Artificial Intelligence Research Laboratory, College of Information Sciences and Technology, Pennsylvania State University, University Park, PA, 16802, USA.
The Center for Big Data Analytics and Discovery Informatics, Pennsylvania State University, University Park, PA, 16802, USA.
BMC Med Genomics. 2018 Sep 14;11(Suppl 3):71. doi: 10.1186/s12920-018-0388-0.

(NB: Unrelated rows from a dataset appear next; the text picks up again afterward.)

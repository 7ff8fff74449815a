-- ===== src/Tunnel/Session/Objects.antt =====
-- The streams of a session: their ids, and the credit that they owe together.
use tuzy.Shared.{
  ℕ, ◌+◌, ◌≤◌, ◌<◌, ◌≡◌, inl, inr, refl, ap, subst, Bool-cases, Option, none, some, List, [], ◌∷◌,
  arith, ◌==◌,
}
use tuzy.Tunnel.Http.Accounts.{IsConsistent, held}
use tuzy.Tunnel.Ws.Invariant.{IsBounded}
use tuzy.Tunnel.Session.{Stream, http, ws, Handler, find_stream, find_object, put_object, unlist}
use tuzy.Tunnel.Session.Steps.{cancel_stream, abort_all}

-- What a stream owes the connection.
abbrev pub owed : Stream → ℕ
owed (http h) = held h
owed (ws w) = 0

abbrev pub owed_all : List Handler → ℕ
owed_all [] = 0
owed_all (h ∷ hs) = owed h.stream + owed_all hs

abbrev pub IsSound : Stream → Type 0
IsSound (http h) = IsConsistent h
IsSound (ws w) = IsBounded w

-- Ids are positive, fall along the list and stay below a bound; each stream is sound.
abbrev pub AreSound : ℕ → List Handler → Type 0
AreSound top [] = Unit {0}
AreSound top (h ∷ hs) = (0 < h.id) × (h.id < top) × IsSound h.stream × AreSound h.id hs

pub AreSound-mono : (m n : ℕ) (hs : List Handler) → m ≤ n → AreSound m hs → AreSound n hs
AreSound-mono m n [] l a = tt
AreSound-mono m n (h ∷ hs) l (p, b, s, r) = (p, omega arith, s, r)

pub find_object-IsSound :
    (id top : ℕ) (hs : List Handler) (st : Stream)
    → AreSound top hs
    → find_object id hs ≡ some st
    → (0 < id) × IsSound st
unfolding find_object
find_object-IsSound id top [] st a e = absurd (cc)
find_object-IsSound id top (h ∷ hs) st (p, b, s, r) e = elim (Bool-cases (h.id == id)) [
  | inl hit ↦ (ground (arith, hit), subst IsSound (some_inj (h.stream) st (rw hit at e)) s)
  | inr miss ↦ find_object-IsSound id h.id hs st r (rw miss at e)
]
  where
    some_inj : (a b : Stream) → some a ≡ some b → a ≡ b
    some_inj a b e' = cc

-- An update of a stream keeps the others.
pub put_object-AreSound :
    (id top : ℕ) (st : Stream) (hs : List Handler)
    → IsSound st
    → AreSound top hs
    → AreSound top (put_object id st hs)
unfolding put_object
put_object-AreSound id top st [] s a = tt
put_object-AreSound id top st (h ∷ hs) s (p, b, s', r) = elim (Bool-cases (h.id == id)) [
  | inl hit ↦ rw hit (p, b, s, r)
  | inr miss ↦ rw miss (p, b, s', put_object-AreSound id h.id st hs s r)
]

pub owed-put_object :
    (id : ℕ) (st old : Stream) (hs : List Handler)
    → find_object id hs ≡ some old
    → owed_all (put_object id st hs) + owed old ≡ owed_all hs + owed st
unfolding find_object put_object
owed-put_object id st old [] e = absurd (cc)
owed-put_object id st old (h ∷ hs) e = elim (Bool-cases (h.id == id)) [
  | inl hit ↦
      let same : owed h.stream ≡ owed old = ap owed_of (rw hit at e) in rw hit (omega (arith, same))
  | inr miss ↦ rw miss (omega (arith, owed-put_object id st old hs (rw miss at e)))
]
  where
    owed_of : Option Stream → ℕ
    owed_of none = 0
    owed_of (some x) = owed x

-- The handler in the map is the object of its id, since no two have one id.
find_stream-above :
    (id top : ℕ) (hs : List Handler) → AreSound top hs → top ≤ id → find_stream id hs ≡ none
unfolding find_stream
find_stream-above id top [] a l = refl
find_stream-above id top (h ∷ hs) (p, b, s, r) l = ground (arith, find_stream-above id h.id hs r)

pub find_stream→find_object :
    (id top : ℕ) (hs : List Handler) (st : Stream)
    → AreSound top hs
    → find_stream id hs ≡ some st
    → find_object id hs ≡ some st
unfolding find_stream find_object
find_stream→find_object id top [] st a e = e
find_stream→find_object id top (h ∷ hs) st (p, b, s, r) e =
    ground (arith, find_stream-above id h.id hs r, find_stream→find_object id h.id hs st r)

pub unlist-AreSound :
    (id top : ℕ) (hs : List Handler) → AreSound top hs → AreSound top (unlist id hs)
unfolding unlist
unlist-AreSound id top [] a = tt
unlist-AreSound id top (h ∷ hs) (p, b, s, r) = elim (Bool-cases (h.id == id)) [
  | inl hit ↦ rw hit (p, b, s, r)
  | inr miss ↦ rw miss (p, b, s, unlist-AreSound id h.id hs r)
]

pub owed-unlist : (id : ℕ) (hs : List Handler) → owed_all (unlist id hs) ≡ owed_all hs
unfolding unlist
owed-unlist id [] = refl
owed-unlist id (h ∷ hs) = elim (Bool-cases (h.id == id)) [
  | inl hit ↦ rw hit refl
  | inr miss ↦ rw miss (ap (λ n. owed h.stream + n) (owed-unlist id hs))
]

pub cancel_stream-IsSound :
    (st : Stream) → IsSound st → IsSound (cancel_stream st) × (owed (cancel_stream st) ≡ owed st)
unfolding cancel_stream
cancel_stream-IsSound (http h) s = ground arith
cancel_stream-IsSound (ws w) s = ground arith

pub abort_all-AreSound :
    (top : ℕ) (hs : List Handler)
    → AreSound top hs
    → AreSound top (abort_all hs) × (owed_all (abort_all hs) ≡ owed_all hs)
unfolding abort_all
abort_all-AreSound top [] a = (tt, refl)
abort_all-AreSound top (h ∷ hs) (p, b, s, r) =
    let (c, o) = cancel_stream-IsSound h.stream s in
    let (t, q) = abort_all-AreSound h.id hs r in
    elim (Bool-cases h.listed) [
      | inl yes' ↦ rw yes' ((p, b, c, t), omega (arith, o, q))
      | inr no' ↦ rw no' ((p, b, s, t), omega (arith, q))
    ]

Large-scale collaborative precision medicine initiatives (e.g., The Cancer Genome Atlas (TCGA)) are yielding rich multi-omics data. Integrative analyses of the resulting multi-omics data, such as somatic mutation, copy number alteration (CNA), DNA methylation, miRNA, gene expression, and protein expression, offer tantalizing possibilities for realizing the promise and potential of precision medicine in cancer prevention, diagnosis, and treatment by substantially improving our understanding of underlying mechanisms as well as the discovery of novel biomarkers for different types of cancers. However, such analyses present a number of challenges, including heterogeneity, and high-dimensionality of omics data.
We propose a novel framework for multi-omics data integration using multi-view feature selection. We introduce a novel multi-view feature selection algorithm, MRMR-mv, an adaptation of the well-known Min-Redundancy and Maximum-Relevance (MRMR) single-view feature selection algorithm to the multi-view setting.
We report results of experiments using an ovarian cancer multi-omics dataset derived from the TCGA database on the task of predicting ovarian cancer survival. Our results suggest that multi-view models outperform both view-specific models (i.e., models trained and tested using a single type of omics data) and models based on two baseline data fusion methods.
Our results demonstrate the potential of multi-view feature selection in integrative analyses and predictive modeling from multi-omics data.
大规模协作的精准医学计划(例如癌症基因组图谱(TCGA))正在产生丰富的多组学数据。对由此产生的多组学数据进行综合分析,如体细胞突变、拷贝数改变(CNA)、DNA 甲基化、miRNA、基因表达和蛋白质表达,通过大大提高我们对潜在机制的理解以及发现不同类型癌症的新型生物标志物,为实现精准医学在癌症预防、诊断和治疗中的承诺和潜力提供了诱人的可能性。然而,此类分析存在许多挑战,包括组学数据的异质性和高维性。
我们提出了一种使用多视图特征选择进行多组学数据集成的新框架。我们引入了一种新颖的多视图特征选择算法,MRMR-mv,这是一种对著名的最小冗余和最大相关性(MRMR)单视图特征选择算法到多视图设置的改编。
我们报告了使用来自 TCGA 数据库的卵巢癌多组学数据集在预测卵巢癌生存任务上的实验结果。我们的结果表明,多视图模型优于单视图模型(即使用单一类型的组学数据进行训练和测试的模型)和基于两种基线数据融合方法的模型。
我们的结果表明,多视图特征选择在多组学数据的综合分析和预测建模中具有潜力。